Indonesian Mining Association (IMA) menyatakan keberatan terhadap rencana Pemerintah Indonesia yang tengah mengkaji penerapan skema bagi hasil seperti sektor migas untuk industri pertambangan minerba pada Jumat, 8 Mei 2026. Organisasi tersebut menilai karakteristik komoditas tambang memiliki kompleksitas yang jauh berbeda dengan sektor minyak dan gas bumi.
Menteri Energi dan Sumber Daya Mineral (ESDM) Bahlil Lahadalia sebelumnya mengungkapkan bahwa pemerintah berencana mengoptimalkan pendapatan negara dari sektor tambang sesuai amanat Pasal 33 UUD 1945. Bahlil menyebutkan rencana ini telah dibahas dalam rapat bersama Presiden Prabowo Subianto di Jakarta pada Selasa, 5 Mei 2026.
"Ke depan kita akan mencoba mengoptimalkan pendapatan negara secara maksimal, terutama dari pengelolaan pertambangan," ujar Bahlil Lahadalia, Menteri ESDM.
Pemerintah tengah mempertimbangkan untuk mengadopsi model kerja sama baru yang mengacu pada pola pengelolaan migas. Hal ini dimaksudkan agar negara memperoleh porsi keuntungan yang lebih besar baik dari proyek tambang lama maupun baru.
"Bukan berarti konsesi dihapus, tetap ada. Tapi kita ingin keseimbangan yang lebih adil, di mana negara mendapatkan bagian yang lebih besar," jelas Bahlil Lahadalia, Menteri ESDM.
Opsi penggunaan skema cost recovery dan gross split sedang diuji coba untuk melihat kemungkinannya diterapkan pada kerja sama dengan pihak swasta. Bahlil menegaskan bahwa penataan ulang ini bertujuan untuk memastikan negara mengantongi porsi kepemilikan yang lebih signifikan.
"Kita akan memakai contoh seperti pembagian hasil daripada pengelolaan migas kita.

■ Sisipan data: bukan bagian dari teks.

-- ===== src/Upstream/Errors.antt =====
-- What goes wrong inside `challenge_and_verify`, and what comes of it.
use atp_python.Base.{
  ◌≡◌, ◌≢◌, refl, sym, ap, ◌∙◌, false≢true, String, false, ◌||◌, Option, none, some, inl, inr,
}
use atp_python.Python.Exceptions.{
  Exception, Result, ok, raised, is_a, key_error, type_error, attribute_error,
}
use atp_python.Python.Exec
use atp_python.Python.Exec.{
  pure, lift, attempt-returns, continue, continue-raised, through, guards-all, quietly-returns,
  continue-returns, handle-returns,
}
use atp_python.Python.Json.{Json, str}
use atp_python.Python.DateTime.{DateTime}
use atp_python.Hashing.{hash_with_prefix}
use atp_python.Wire.{Runtime}
use atp_python.Wire.Records.{text_of}
use atp_python.Client.Queries.{get_commit_by_system_and_task}
use atp_python.Wire.RawProof.{RawTask, read_task}
use atp_python.Client.{World}
use atp_python.Client.Reports.{first_entry}
use atp_python.Client.Challenge.{
  no_registered_system, challenge_request_failed, challenge_refused, exchange_failed,
  invalid_structure, system_id_of,
}
use atp_python.Upstream.Soundness.{ask_agent}
use atp_python.Upstream.{
  ask_exchange, settle, check_task, check_read, check_proof, Answer, refused, replied, own_identity,
  request_proof, check_answer, no_proof, challenge_from, challenge_and_verify,
}
use atp_python.Upstream.Verdicts.{is_text_refl}
use atp_python.Upstream.Reading.{Readable, read_task-Readable}
use atp_python.Upstream.Returning.{
  Returns, pure-returns, own_identity-Returns, request_proof-Returns, check_task-Returns,
}

module _ (R : Runtime) where
  module _ (invocation outcome : Option Json) (now : DateTime) where
    check_read-raises :
        (sent : Json) (r : Result RawTask) (w : World R) (e : Exception)
        → ((d : Exception) → r ≡ raised d → Readable d)
        → (check_read R invocation outcome now sent r w).0 ≡ raised e
        → (r ≡ raised e) × (e ≡ attribute_error)
    unfolding Readable Returns
    check_read-raises sent (ok task) w e readable h =
        absurd (check_task-Returns R sent task now invocation outcome w e h)
    check_read-raises sent (raised d) w e readable h =
        let (uncaught, same) =
          through (is_a d key_error || is_a d type_error) (sent, false, invalid_structure d) d e w
            h in
        elim (readable d refl) [
          | inl caught ↦ absurd (false≢true (sym uncaught ∙ caught))
          | inr plain ↦ (ap raised same, sym same ∙ plain)
        ]

    -- The proof that the agent sent names its system by what is no text.
    Unreadable : Result Answer → Exception → Type 0
    Unreadable r e =
        (e ≡ attribute_error)
        × (sent : Json) × (r ≡ ok (replied sent))
        × (read_task sent ≡ raised attribute_error)

    check_answer-raises :
        (r : Result Answer) (w : World R) (e : Exception)
        → (check_answer R invocation outcome now r w).0 ≡ raised e
        → Unreadable r e
    unfolding check_proof Unreadable
    check_answer-raises (raised d) w e h =
        absurd (pure-returns R (no_proof, false, challenge_request_failed d) e h)
    check_answer-raises (ok (refused v)) w e h =
        absurd (pure-returns R (no_proof, false, challenge_refused v) e h)
    check_answer-raises (ok (replied v)) w e h =
        let (unread, same) = check_read-raises v (read_task v) w e (read_task-Readable v) h in
        (same, v, refl, unread ∙ ap raised same)

    asked-raises :
        (url task_id : String) (x : Result Json × World R) (e : Exception)
        → x.0 ≢ raised e
        → (continue
            (λ challenger.
              Exec.◌>>=◌
                (request_proof R url task_id challenger)
                (check_answer R invocation outcome now))
            x).0
          ≡ raised e
        → (r : Result Answer) × ((continue (request_proof R url task_id) x).0 ≡ ok r)
          × Unreadable r e
    unfolding Returns
    asked-raises url task_id (raised d, w) e known h = absurd (known cc)
    asked-raises url task_id (ok challenger, w) e known h =
        let y = request_proof R url task_id challenger w in
        let (r, answered, h') =
          continue-raised (check_answer R invocation outcome now) y e
            (request_proof-Returns R url task_id challenger w e) h in
        (r, answered, check_answer-raises r y.1 e h')

    from-raises :
        (url task_id : String) (w : World R) (first : Option (String × String)) (e : Exception)
        → (challenge_from R url task_id invocation outcome now first w).0 ≡ raised e
        → (name : String) × (system_id : String) × (first ≡ some (name, system_id))
          × (e ≡ attribute_error)
          × (sent : Json) × ((ask_agent R url task_id system_id w).0 ≡ ok (ok (replied sent)))
          × (read_task sent ≡ raised attribute_error)
    unfolding Unreadable Returns
    from-raises url task_id w none e h =
        absurd (pure-returns R (no_proof, false, no_registered_system) e h)
    from-raises url task_id w (some (name, String.[])) e h =
        absurd (pure-returns R (no_proof, false, no_registered_system) e h)
    from-raises url task_id w (some (name, String.◌∷◌ c s)) e h =
        let id = String.◌∷◌ c s in
        let (r, answered, unreadable) =
          asked-raises url task_id (own_identity R id w) e (own_identity-Returns R id w e) h in
        let (what, sent, reply, unread) = unreadable in
        (name, id, refl, what, sent, answered ∙ ap ok reply, unread)

    -- On texts that UTF-8 can encode, which are all the texts of the model (so none with a lone
    -- surrogate, which `.encode` would refuse), `challenge_and_verify` raises nothing but
    -- AttributeError, and this only where the caller has a registered system and the agent has answered
    -- with a proof that has all the parts of a task but names its system by a value that is no text.
    -- Every other failure of the caller's registry, of the request, of the Exchange or of the proof's
    -- structure that the model has ends in a verdict.
    pub challenge_and_verify-raises :
        (url task_id : String) (w : World R) (e : Exception)
        → (challenge_and_verify R url task_id invocation outcome now w).0 ≡ raised e
        → (name : String) × (system_id : String) × (first_entry w.client.registered_systems
            ≡ some (name, system_id))
          × (e ≡ attribute_error)
          × (sent : Json) × ((ask_agent R url task_id system_id w).0 ≡ ok (ok (replied sent)))
          × (read_task sent ≡ raised attribute_error)
    unfolding challenge_and_verify
    challenge_and_verify-raises url task_id w =
        from-raises url task_id w (first_entry w.client.registered_systems)

    -- When the hashes of the content agree but the query of the Exchange raises, the verdict is
    -- negative with that exception, and the world is the one the query left.
    pub check_proof-exchange_failed :
        (sent : Json) (task : RawTask) (w x : World R) (e : Exception)
        → read_task sent ≡ ok task
        → task.invocation_hash ≡ str (hash_with_prefix R.sha256 task.invocation)
        → task.outcome_hash ≡ str (hash_with_prefix R.sha256 task.outcome)
        → get_commit_by_system_and_task R (system_id_of task.system_uri) (text_of R task.task_id) w
          ≡ (raised e, x)
        → check_proof R invocation outcome now sent w ≡ (ok (sent, false, exchange_failed e), x)
    unfolding check_proof check_task ask_exchange settle
    check_proof-exchange_failed sent task w x e read inv out asked =
        let same =
          is_text_refl (hash_with_prefix R.sha256 task.invocation) task.invocation_hash inv in
        let same' = is_text_refl (hash_with_prefix R.sha256 task.outcome) task.outcome_hash out in
        rw (read, same, same', asked) refl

Migas kita itu kan ada cost recovery, ada gross split, mungkin pola-pola itu yang akan coba kita exercise untuk kita bangun untuk bisa melakukan kerja sama dengan pihak swasta," ujar Bahlil Lahadalia, Menteri ESDM.
Menanggapi wacana tersebut, Direktur Eksekutif API-IMA Sari Esayanti menjelaskan bahwa industri pertambangan mineral dan batubara memiliki risiko dan siklus usaha yang unik. Menurut laporan CNN Indonesia, IMA mengkhawatirkan tantangan implementasi jika skema Production Sharing Contract (PSC) dipaksakan pada sektor minerba.

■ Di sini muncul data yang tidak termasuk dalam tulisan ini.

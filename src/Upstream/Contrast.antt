-- ===== src/Upstream/Contrast.antt =====
-- What becomes of one failure of the Exchange in `ATPClient.challenge` and in `challenge_and_verify`.
use atp_python.Base.{◌≡◌, refl, ap, String, true, false, Option, none, ◌==◌}
use text.Mathlib.TextPositions.{eq_refl}
use atp_python.Python.Exceptions.{Exception, Result, ok, raised}
use atp_python.Python.Exec.{pure, continue, handle}
use atp_python.Python.Json.{Json, str, obj}
use atp_python.Python.DateTime.{DateTime}
use atp_python.Models.{StoredProof, compromised}
use atp_python.Hashing.{hash_with_prefix}
use atp_python.Wire.{Runtime}
use atp_python.Wire.Records.{text_of}
use atp_python.Wire.RawProof.{read_task}
use atp_python.Client.{World}
use atp_python.Client.Queries.{get_commit_by_system_and_task}
use atp_python.Client.Reports.{report_assessment}
use atp_python.Client.Challenge.{
  exchange_failed, system_id_of, integrity_report, verify, check_exchange, judge,
}
use atp_python.Upstream.{check_proof}
use atp_python.Upstream.Errors.{check_proof-exchange_failed}
use atp_python.Gather.Reading.{raw_of}

quiet {ℓ κ μ} :
    {S : Type ℓ} {A : Type κ} {B : Type μ} (b : B) (x : Result A × S)
    → continue
        (λ (_ : Unit {0}). pure b)
        (handle (λ e. pure tt) (continue (λ a. pure {A = Unit {0}} tt) x))
      ≡ (ok b, x.1)
quiet b (ok a, s) = refl
quiet b (raised e, s) = refl

same_text : (s t : String) → s ≡ t → (t == s) ≡ true
same_text s t e = rw e (eq_refl t)

module _ (R : Runtime) where
  verify-exchange_failed :
      (stored : StoredProof) (w x : World R) (e : Exception)
      → let task = stored.proof_data.task in
        task.invocation_hash ≡ hash_with_prefix R.sha256 (obj task.invocation)
        → task.outcome_hash ≡ hash_with_prefix R.sha256 (obj task.outcome)
        → get_commit_by_system_and_task R (system_id_of task.system_uri) task.task_id w
          ≡ (raised e, x)
        → verify R stored w ≡ (ok (false, exchange_failed e), x)
  unfolding verify check_exchange
  verify-exchange_failed stored w x e inv out asked =
      rw (same_text _ _ inv, same_text _ _ out, asked) refl

  judge-exchange_failed :
      (stored : StoredProof) (assessor_task : Option String) (now : DateTime) (w x : World R)
      (e : Exception)
      → verify R stored w ≡ (ok (false, exchange_failed e), x)
      → judge R stored true assessor_task now w ≡ (
        ok (stored, false, exchange_failed e),
        (report_assessment R (integrity_report R stored compromised now assessor_task) x).1,
      )
  unfolding judge
  judge-exchange_failed stored assessor_task now w x e h = rw h (
      quiet (stored, false, exchange_failed e)
        (report_assessment R (integrity_report R stored compromised now assessor_task) x))

  -- For one and the same proof, whose content has the declared hashes, in a world in which the query
  -- of the Exchange raises: the check of `challenge_and_verify` and what follows the answer in
  -- `ATPClient.challenge`, with verification on, both say false with that exception, but the former
  -- leaves the world as the query left it, with nothing reported, whereas the latter goes on to report
  -- the system of the proof as compromised.
  pub exchange_failed-contrast :
      (sent : Json) (stored : StoredProof) (assessor_task : Option String) (now : DateTime)
      (w x : World R) (e : Exception)
      → let task = stored.proof_data.task in
        read_task sent ≡ ok (raw_of task)
        → task.invocation_hash ≡ hash_with_prefix R.sha256 (obj task.invocation)
        → task.outcome_hash ≡ hash_with_prefix R.sha256 (obj task.outcome)
        → get_commit_by_system_and_task R (system_id_of task.system_uri) task.task_id w
          ≡ (raised e, x)
        → (check_proof R none none now sent w ≡ (ok (sent, false, exchange_failed e), x))
          × (judge R stored true assessor_task now w ≡ (
            ok (stored, false, exchange_failed e),
            (report_assessment R (integrity_report R stored compromised now assessor_task) x).1,
          ))
  unfolding text_of
  exchange_failed-contrast sent stored assessor_task now w x e read inv out asked = (
    check_proof-exchange_failed R none none now sent (raw_of stored.proof_data.task) w x e read
        (ap str inv) (ap str out) asked,
    judge-exchange_failed stored assessor_task now w x e
        (verify-exchange_failed stored w x e inv out asked),
  )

"Industri pertambangan minerba memiliki karakteristik yang unik dengan tingkat kompleksitas yang berbeda pada masing-masing komoditas. Perbedaan mendasar inilah yang membuat banyak negara menerapkan sistem royalti dan fiskal yang berbeda dengan sektor migas," ujar Sari Esayanti, Direktur Eksekutif API-IMA.
IMA menekankan bahwa stabilitas kebijakan fiskal sangat krusial bagi keberlanjutan investasi nasional. Saat ini, para pelaku usaha tambang diklaim sudah menghadapi berbagai tekanan dari penyesuaian kebijakan mulai dari bea keluar hingga penerapan kebijakan B50.

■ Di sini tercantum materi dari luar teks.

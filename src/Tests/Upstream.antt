-- ===== src/Tests/Upstream.antt =====
-- An upstream agent that is challenged, at concrete inputs.
use atp_python.Base.{◌≢◌, ◌↔◌, ◌≡◌, refl, String, true, false, none, some, [], ◌∷◌}
use atp_python.Base.Dict.{lookup}
use atp_python.Python.Exceptions.{ok, raised, is_a, attribute_error, atp_network_error}
use atp_python.Python.Json.{Json, int, str, pos, obj, end, field}
use atp_python.Python.Equality.{json_eq}
use atp_python.Hashing.{compute_data_hash, hash_with_prefix}
use atp_python.Wire.{Response}
use atp_python.Wire.RawProof.{raw_task, read_task}
use atp_python.Wire.Records.{decode_system, text_of}
use atp_python.Wire.Decode.{decode_commit, commit_status}
use atp_python.Client.{World, get_client}
use atp_python.Client.Queries.{get_system, get_commit_by_system_and_task}
use atp_python.Client.Reports.{report_assessment, first_entry}
use atp_python.Client.Challenge.{
  Message, system_id_of, verified_and_confirmed, exchange_failed, judge, integrity_report,
}
use atp_python.Upstream.{
  challenge_and_verify, own_identity, request_proof, read_answer, check_proof, check_task,
  ask_exchange, settle, replied,
}
use atp_python.Upstream.Verdicts.{IsSound}
use atp_python.Upstream.Soundness.{ask_agent}
use atp_python.Upstream.Complete.{challenge_and_verify_iff}
use atp_python.Upstream.Errors.{challenge_and_verify-raises}
use atp_python.Upstream.Contrast.{exchange_failed-contrast}
use atp_python.Gather.Reading.{raw_of}
use atp_python.Models.{compromised}
use atp_python.Tests.Fixtures.{
  noon, outcome, stored, stored_task, runtime, world, answer, commit_answer,
}

abbrev pub sent_by : Json → Json
sent_by uri = obj (
    field "proof_data"
      (obj (
        field "task"
          (obj (
            field "system_uri" uri (
              field "task_id" (str "t") (
                field "invocation" (obj end) (
                  field "invocation_hash" (str "sha256:{}") (
                    field "outcome" (obj outcome)
                      (field "outcome_hash" (str "sha256:{\"text\":4}") end)))))))
          end))
      end)

abbrev pub sent : Json
sent = sent_by (str "http://x/systems/s")

abbrev pub proof_answer : Json → Response
proof_answer v = answer 200 (field "result" v end)

abbrev pub challenged : World runtime
challenged = world (commit_answer ∷ proof_answer sent ∷ commit_answer ∷ [])

verified_run :
    (challenge_and_verify runtime "http://a" "t" (some (obj end)) none noon challenged).0
    ≡ ok (sent, true, verified_and_confirmed)
unfolding challenge_and_verify own_identity request_proof read_answer check_proof check_task
    ask_exchange settle get_system decode_system lookup is_a hash_with_prefix compute_data_hash
    get_commit_by_system_and_task decode_commit commit_status report_assessment get_client read_task
    raw_task text_of json_eq
verified_run = refl

challenge_and_verify_iff_example :
    ((m : Message) × ((challenge_and_verify runtime "http://a" "t"
          (some (obj end))
          none
          noon
          challenged).0
        ≡ ok (sent, true, m)))
    ↔ ((name : String) × (system_id : String) × (first_entry challenged.client.registered_systems
          ≡ some (name, system_id))
        × (system_id ≢ "")
        × ((ask_agent runtime "http://a" "t" system_id challenged).0 ≡ ok (ok (replied sent)))
        × IsSound runtime sent
            (some (obj end))
            none
            (ask_agent runtime "http://a" "t" system_id challenged).1)
challenge_and_verify_iff_example =
    challenge_and_verify_iff runtime (some (obj end)) none noon sent "http://a" "t" challenged

-- The agent names its system by a number.
abbrev misnamed : World runtime
misnamed = world (commit_answer ∷ proof_answer (sent_by (int (pos 4))) ∷ [])

misnamed_run :
    (challenge_and_verify runtime "http://a" "t" none none noon misnamed).0 ≡ raised attribute_error
unfolding challenge_and_verify own_identity request_proof read_answer check_proof get_system
    decode_system lookup is_a get_client read_task raw_task
misnamed_run = refl

challenge_and_verify-raises_example :
    (name : String) × (system_id : String) × (first_entry misnamed.client.registered_systems
      ≡ some (name, system_id))
    × (attribute_error ≡ attribute_error)
    × (v : Json) × ((ask_agent runtime "http://a" "t" system_id misnamed).0 ≡ ok (ok (replied v)))
    × (read_task v ≡ raised attribute_error)
challenge_and_verify-raises_example =
    challenge_and_verify-raises runtime none none noon "http://a" "t" misnamed attribute_error
      misnamed_run

read_run : read_task sent ≡ ok (raw_of stored_task)
unfolding read_task raw_task lookup
read_run = refl

invocation_run : "sha256:{}" ≡ hash_with_prefix (λ s. s) (obj end)
unfolding hash_with_prefix compute_data_hash
invocation_run = refl

outcome_run : "sha256:{\"text\":4}" ≡ hash_with_prefix (λ s. s) (obj outcome)
unfolding hash_with_prefix compute_data_hash
outcome_run = refl

abbrev cut_off : World runtime
cut_off = (get_commit_by_system_and_task runtime "s" "t" (world [])).1

asked_run :
    get_commit_by_system_and_task runtime (system_id_of stored_task.system_uri) "t" (world [])
    ≡ (raised atp_network_error, cut_off)
unfolding get_commit_by_system_and_task system_id_of get_client is_a lookup
asked_run = refl

exchange_failed-contrast_example :
    (check_proof runtime none none noon sent (world [])
      ≡ (ok (sent, false, exchange_failed atp_network_error), cut_off))
    × (judge runtime stored true none noon (world []) ≡ (
      ok (stored, false, exchange_failed atp_network_error),
      (report_assessment runtime (integrity_report runtime stored compromised noon none) cut_off).1,
    ))
exchange_failed-contrast_example =
    exchange_failed-contrast runtime sent stored none noon (world []) cut_off atp_network_error
      read_run invocation_run outcome_run asked_run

"Kami berharap adanya kestabilan kewajiban keuangan agar iklim investasi tetap terjaga dan sustainability operasi pertambangan dapat berjalan dengan baik. Saat ini industri menghadapi berbagai penyesuaian kebijakan seperti perubahan DHE, royalti, HPM, bea keluar, hingga penerapan B50 yang turut menambah tantangan operasional perusahaan tambang," tambah Sari Esayanti, Direktur Eksekutif API-IMA.